What are you trying to cast?

Joel


----------



## bushwacked (Aug 30, 2016)

JoelAlbert said:


> I was in a similar quandary a few weeks ago and decided to try, Alumilite Amazing Mold Rubber Kit, 0.77- Pound.
> 
> Found it on Amazon for much less than buying from Alumilite directly. Made 3 molds so far and have been pleased.
> 
> ...




Thanks for the link Joel! 

Going to cast some basic things ... like a 6x6x5 1/2 mold and a couple other thin ones


----------



## mredburn (Aug 30, 2016)

I have close to a hundred of Mold Max molds sitting in my garage. Im in SW FLorida where its in the 90s full time and its not air conditioned. There is no problem with mold life from heat.


----------



## JoelAlbert (Sep 1, 2016)

I decided to give the Alumilite Amazing Mold Rubber kit a try and have been very pleased at the results. One note, you can buy it from Amazon at a significantly cheaper price than from Alumilite.
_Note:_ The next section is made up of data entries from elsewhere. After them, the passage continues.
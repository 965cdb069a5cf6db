-- ===== src/Kernel.antt =====
-- bantu_os/core/kernel/: the tool calls in a reply, their execution and the agentic loop of
-- kernel.py, and the service orchestrator of services.py.
mod Tests
pub mod Parse
pub mod Tools
pub mod Services
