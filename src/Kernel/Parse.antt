-- ===== src/Kernel/Parse.antt =====
-- bantu_os/core/kernel/kernel.py, `_parse_tool_calls`. A position in the text is the text from there
-- on. `\s` is ASCII white space; `json.loads` is a parameter.
pub mod Fuel
use bantu_os.Prelude.{
  ℕ, zero, suc, ◌+◌, ◌-◌, ◌≤◌, ◌<◌, ◌≡◌, ◌≢◌, refl, sym, ap, ◌∙◌, Bool, true, false, ◌&&◌, ◌||◌,
  Option, none, some, Result, ok, err, List, [], ◌∷◌, ◌++◌, arith, leb, eqb, length, Bool-cases,
  Option-cases, inl, inr, if◌then◌else◌,
}
use bantu_os.Prelude.Text.{Text, codes}

-- What stands after a literal at the head of the text.
unfoldable pub after : Text → Text → Option Text
after [] s = some s
after (c ∷ p) [] = none
after (c ∷ p) (d ∷ s) = if eqb c d then after p s else none

unfoldable pub is_blank : ℕ → Bool
is_blank c = eqb c 32 || (leb 9 c && leb c 13) || (leb 28 c && leb c 31)

-- `[A-Za-z0-9_.-]`
unfoldable pub is_name_char : ℕ → Bool
is_name_char c =
    (leb 65 c && leb c 90)
    || (leb 97 c && leb c 122)
    || (leb 48 c && leb c 57)
    || eqb c 95
    || eqb c 46
    || eqb c 45

-- The longest run of characters of a class, and the text after it.
unfoldable pub span : (ℕ → Bool) → Text → Text × Text
span test [] = ([], [])
span test (c ∷ s) = let (run, rest) = span test s in if test c then (c ∷ run, rest) else ([], c ∷ s)

-- `_TOOL_CALL_START_RE` at the head of the text: the name, and the text after the match. No class
-- shares a character with what follows it, so the longest runs decide.
unfoldable pub after_gap : Text → Text × Text → Option (Text × Text)
unfolding is_blank
after_gap name ([], tail) = none
after_gap name (b ∷ gap, tail) = elim (after (codes "args:") tail) [
  | none ↦ none
  | some more ↦ some (name, (span is_blank more).1)
]

unfoldable pub after_name : Text × Text → Option (Text × Text)
unfolding is_blank
after_name ([], rest) = none
after_name (c ∷ name, rest) = after_gap (c ∷ name) (span is_blank rest)

unfoldable pub start_match : Text → Option (Text × Text)
unfolding after_name is_name_char is_blank
start_match s = elim (after (codes "[TOOL_CALL]") s) [
  | none ↦ none
  | some rest ↦ after_name (span is_name_char (span is_blank rest).1)
]

-- `search`: the first match.
unfoldable pub search : Text → Option (Text × Text)
search [] = none
search (c ∷ s) = elim (start_match (c ∷ s)) [ none ↦ search s | some m ↦ some m ]

-- The scan of the object: none where it does not end, else the text to its end and that after it.
unfoldable pub push : ℕ → Option (Text × Text) → Option (Text × Text)
push c none = none
push c (some (raw, rest)) = some (c ∷ raw, rest)

unfoldable pub scan : ℕ → Bool → Bool → Text → Option (Text × Text)
unfolding push
scan depth in_string escaped [] = none
scan depth true true (c ∷ s) = push c (scan depth true false s)
scan depth true false (c ∷ s) =
    let in_escape = scan depth true true s in
    let out = scan depth false false s in
    let on = scan depth true false s in
    if eqb c 92 then push c in_escape else if eqb c 34 then push c out else push c on
scan depth false escaped (c ∷ s) =
    let quoted = scan depth true escaped s in
    let deeper = scan (depth + 1) false escaped s in
    let closed = scan (depth - 1) false escaped s in
    let on = scan depth false escaped s in
    if eqb c 34
    then push c quoted
    else if eqb c 123
    then push c deeper
    else if eqb c 125
    then if eqb depth 1 then some (c ∷ [], s) else push c closed
    else push c on

-- `raw_args`, and the text from `end` on; from `start` on where there is no object.
unfoldable pub object_at : Text → Text × Text
object_at [] = ([], [])
object_at (c ∷ s) =
    if eqb c 123
    then elim (scan 0 false false (c ∷ s)) [ none ↦ ([], c ∷ s) | some r ↦ r ]
    else ([], c ∷ s)

-- The text after the first `[/TOOL_CALL]`.
unfoldable pub find_end : Text → Option Text
find_end [] = none
find_end (c ∷ s) =
    let later = find_end s in
    elim (after (codes "[/TOOL_CALL]") (c ∷ s)) [ none ↦ later | some rest ↦ some rest ]

-- Where the next search begins.
unfoldable pub cursor_after : Text → Text
cursor_after s = elim (find_end s) [ none ↦ s | some rest ↦ rest ]

-- What `json.loads` gives: a dict; any other value, or one of the two errors that are caught; or
-- another exception, such as those for a number of too many digits or for too deep a nesting.
pub data Loaded (A : Type 0) : Type 0 where
  object : A → Loaded A
  no_object : Loaded A
  raised : Text → Loaded A

module _ {A : Type 0} (loads : Text → Loaded A) (no_args : A) where
  unfoldable pub args_of : Text → Result Text A
  args_of raw = elim (loads raw) [ object a ↦ ok a | no_object ↦ ok no_args | raised e ↦ err e ]

  -- What a round returns or raises, with none for want of fuel.
  abbrev pub Parsed : Type 0
  Parsed = Option (Result Text (List (Text × A)))

  unfoldable pub and_call : Text × A → Parsed → Parsed
  and_call c none = none
  and_call c (some (err e)) = some (err e)
  and_call c (some (ok cs)) = some (ok (c ∷ cs))

  -- The loop; an exception ends it.
  unfoldable pub parse_from : ℕ → Text → Parsed
  unfolding args_of and_call
  parse_from zero text = none
  parse_from (suc fuel) text = elim (search text) [
    | none ↦ some (ok [])
    | some m ↦
        let found = object_at m.1 in
        let rest = parse_from fuel (cursor_after found.1) in
        elim (args_of found.0) [ err e ↦ some (err e) | ok args ↦ and_call (m.0, args) rest ]
  ]

  -- `_parse_tool_calls`: each round goes on after a match, so the length is fuel enough.
  unfoldable pub parse_tool_calls : Text → Parsed
  parse_tool_calls text = parse_from (length text + 1) text
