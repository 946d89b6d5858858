-- ===== src/Storage/Memory/Invariant.antt =====
-- The well-formedness of the shards: each key in its own shard, once, and an expiry only for a
-- key that is there.
use fast_kv_a_lightweight_ke.Base.{
  ℕ, ◌≡◌, refl, true, some, [], is_some, inl, inr, Bool-cases, Option-cases, arith, ◌==◌, ==_iff,
  subst,
}
use fast_kv_a_lightweight_ke.Base.Bytes.{Bytes, bytes_key, bytes_eq_iff, bytes_eq_refl}
use fast_kv_a_lightweight_ke.Base.Dict.{lookup}
use fast_kv_a_lightweight_ke.Base.Nested.{
  lookup_in, ensure, insert_in, remove_in, NodupNested, lookup_in-ensure, lookup_in-insert_in,
  lookup_in-remove_in, NodupNested-ensure, NodupNested-insert_in, NodupNested-remove_in,
}
use fast_kv_a_lightweight_ke.Base.Words.{Int64, positive64, less64}
use fast_kv_a_lightweight_ke.Storage.Hash.{shard_index}
use fast_kv_a_lightweight_ke.Storage.Memory.{
  TtlInfo, Shard, Shards, new_shards, get_shard, set_shard, put_internal, erase_entry,
  delete_internal, check_ttl_and_clean,
}

-- What holds of the shard at index `i`.
pub record ShardIsWellFormed (i : ℕ) (shard : Shard) : Type 0 where
  pub nodup_buckets : NodupNested shard.buckets
  pub nodup_ttl : NodupNested shard.ttl
  pub placed :
      (bucket key : Bytes)
      → is_some (lookup_in bucket key shard.buckets) ≡ true
      → i ≡ shard_index key
  pub expiry_present :
      (bucket key : Bytes) (t : TtlInfo)
      → lookup_in bucket key shard.ttl ≡ some t
      → (is_some (lookup_in bucket key shard.buckets) ≡ true) × (positive64 t.expiry ≡ true)

abbrev pub IsWellFormed : Shards → Type 0
IsWellFormed shards = (i : ℕ) → ShardIsWellFormed i (shards i)

NodupNested-nil {κ} : {V : Type κ} → NodupNested {V = V} []
unfolding lookup
NodupNested-nil = record { outer = tt; inner = λ bucket b found. absurd (ground arith) }

-- A fresh store is well formed.
pub new_shards-IsWellFormed : IsWellFormed new_shards
unfolding lookup_in lookup
new_shards-IsWellFormed i = record {
  nodup_buckets = NodupNested-nil;
  nodup_ttl = NodupNested-nil;
  placed = λ bucket key found. absurd (ground arith);
  expiry_present = λ bucket key t found. absurd (ground arith);
}

pub set_shard-IsWellFormed :
    (shards : Shards) (i : ℕ) (shard : Shard)
    → IsWellFormed shards
    → ShardIsWellFormed i shard
    → IsWellFormed (set_shard shards i shard)
unfolding set_shard
set_shard-IsWellFormed shards i shard wf h j = elim (Bool-cases (i == j)) [
  | inl same ↦ rw same (subst (λ n. ShardIsWellFormed n shard) ((==_iff i j).0 same) h)
  | inr other ↦ rw other (wf j)
]

module _ (i : ℕ) (shard : Shard) (wf : ShardIsWellFormed i shard) (bucket key : Bytes) where
  put_plain-IsWellFormed :
      (value : Bytes)
      → i ≡ shard_index key
      → ShardIsWellFormed i
          (record shard { buckets = insert_in bucket key value (ensure bucket shard.buckets) })
  put_plain-IsWellFormed value at = record {
    nodup_buckets =
        NodupNested-insert_in bucket key _ (NodupNested-ensure bucket key _ wf.nodup_buckets) value;
    nodup_ttl = wf.nodup_ttl;
    placed = λ c j. ground (
      arith,
      wf.placed c j,
      lookup_in-insert_in bucket key c j value (ensure bucket shard.buckets),
      lookup_in-ensure bucket c j shard.buckets,
      bytes_eq_iff key j,
    );
    expiry_present = λ c j t. ground (
      arith,
      wf.expiry_present c j t,
      lookup_in-insert_in bucket key c j value (ensure bucket shard.buckets),
      lookup_in-ensure bucket c j shard.buckets,
    );
  }

  put_expiry-IsWellFormed :
      (t : TtlInfo)
      → is_some (lookup_in bucket key shard.buckets) ≡ true
      → positive64 t.expiry ≡ true
      → ShardIsWellFormed i
          (record shard { ttl = insert_in bucket key t (ensure bucket shard.ttl) })
  put_expiry-IsWellFormed t present pos = record {
    nodup_buckets = wf.nodup_buckets;
    nodup_ttl = NodupNested-insert_in bucket key _ (NodupNested-ensure bucket key _ wf.nodup_ttl) t;
    placed = wf.placed;
    expiry_present = λ c j u. ground (
      arith,
      wf.expiry_present c j u,
      lookup_in-insert_in bucket key c j t (ensure bucket shard.ttl),
      lookup_in-ensure bucket c j shard.ttl,
      bytes_eq_iff bucket c,
      bytes_eq_iff key j,
    );
  }

  remove-IsWellFormed : ShardIsWellFormed i (record {
    buckets = remove_in bucket key shard.buckets;
    ttl = remove_in bucket key shard.ttl;
  })
  remove-IsWellFormed = record {
    nodup_buckets = NodupNested-remove_in bucket key _ wf.nodup_buckets;
    nodup_ttl = NodupNested-remove_in bucket key _ wf.nodup_ttl;
    placed = λ c j. ground (arith, wf.placed c j, lookup_in-remove_in bucket key c j shard.buckets);
    expiry_present = λ c j t. ground (
      arith,
      wf.expiry_present c j t,
      lookup_in-remove_in bucket key c j shard.buckets,
      lookup_in-remove_in bucket key c j shard.ttl,
    );
  }

module _ (shards : Shards) (wf : IsWellFormed shards) (bucket key : Bytes) where
  at_key : ShardIsWellFormed (shard_index key) (get_shard shards key)
  unfolding get_shard
  at_key = wf (shard_index key)

  abbrev put_plain : Bytes → Shard
  put_plain value = record (get_shard shards key) {
    buckets = insert_in bucket key value (ensure bucket (get_shard shards key).buckets);
  }

  put_plain_wf : (value : Bytes) → ShardIsWellFormed (shard_index key) (put_plain value)
  put_plain_wf value =
      put_plain-IsWellFormed (shard_index key) (get_shard shards key) at_key bucket key value refl

  put_plain_present :
      (value : Bytes) → is_some (lookup_in bucket key (put_plain value).buckets) ≡ true
  put_plain_present value = ground (
    arith,
    lookup_in-insert_in bucket key bucket key value (ensure bucket (get_shard shards key).buckets),
    bytes_eq_refl bucket,
    bytes_eq_refl key,
  )

  -- A write keeps the store well formed, with or without an expiry.
  pub put_internal-IsWellFormed :
      (value : Bytes) (ttl : Int64) → IsWellFormed (put_internal shards bucket key value ttl)
  unfolding put_internal
  put_internal-IsWellFormed value ttl = elim (Bool-cases (positive64 ttl)) [
    | inl pos ↦ rw pos (
        set_shard-IsWellFormed shards (shard_index key) _ wf (
          put_expiry-IsWellFormed (shard_index key) (put_plain value) (put_plain_wf value) bucket
            key (record { expiry = ttl }) (put_plain_present value) pos))
    | inr zero_or_less ↦
        rw zero_or_less (set_shard-IsWellFormed shards (shard_index key) _ wf (put_plain_wf value))
  ]

  pub erase_entry-IsWellFormed : IsWellFormed (erase_entry shards bucket key)
  unfolding erase_entry
  erase_entry-IsWellFormed =
      set_shard-IsWellFormed shards (shard_index key) _ wf
        (remove-IsWellFormed (shard_index key) (get_shard shards key) at_key bucket key)

  -- A deletion keeps the store well formed, whether or not it finds the key.
  pub delete_internal-IsWellFormed : IsWellFormed (delete_internal shards bucket key).0
  unfolding delete_internal
  delete_internal-IsWellFormed =
      elim (Option-cases (lookup bucket (get_shard shards key).buckets)) [
        | inl missing ↦ rw (missing, delete_internal) wf
        | inr (b, found) ↦ elim (Option-cases (lookup key b)) [
          | inl missing ↦ rw (found, missing, delete_internal) wf
          | inr (val, present) ↦ rw (found, present, delete_internal) erase_entry-IsWellFormed
        ]
      ]

  pub check_ttl_and_clean-IsWellFormed :
      (now : Int64) → IsWellFormed (check_ttl_and_clean now shards bucket key).0
  unfolding check_ttl_and_clean
  check_ttl_and_clean-IsWellFormed now =
      elim (Option-cases (lookup_in bucket key (get_shard shards key).ttl)) [
        | inl missing ↦ rw (missing, check_ttl_and_clean) wf
        | inr (t, found) ↦ elim (Bool-cases (less64 t.expiry now)) [
          | inl expired ↦ rw (found, expired, check_ttl_and_clean) erase_entry-IsWellFormed
          | inr live ↦ rw (found, live, check_ttl_and_clean) wf
        ]
      ]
I have been making mostly Bracelet molds and single pen blank molds.

I find the single pen blank molds really useful for experimenting with new designs, techniques and colors. I haven't done a "tube-in" mold yet, but given the way I build my Slimline Pens using custom bands, I don't think it will be that useful. 

Joel


----------



## JoelAlbert (Sep 1, 2016)

Pardon the early Alzheimers and the double reply, sigh


----------



## bushwacked (Sep 4, 2016)

So I got the kit but built a mold that happen to be bigger than my kit would fill  so now it is sitting there hardening. Can I buy another kit and pour on top and they will meld together?? 



JoelAlbert said:


> I decided to give the Alumilite Amazing Mold Rubber kit a try and have been very pleased at the results. One note, you can buy it from Amazon at a significantly cheaper price than from Alumilite.
> 
> I have been making mostly Bracelet molds and single pen blank molds.
> 
> ...


----------



## Curly (Sep 4, 2016)

Silicone will stick to silicone if it is clean. Cover your mould and resist the urge to touch it until you can pour again.


----------



## bushwacked (Sep 4, 2016)

Ok perfect! Thanks!


----------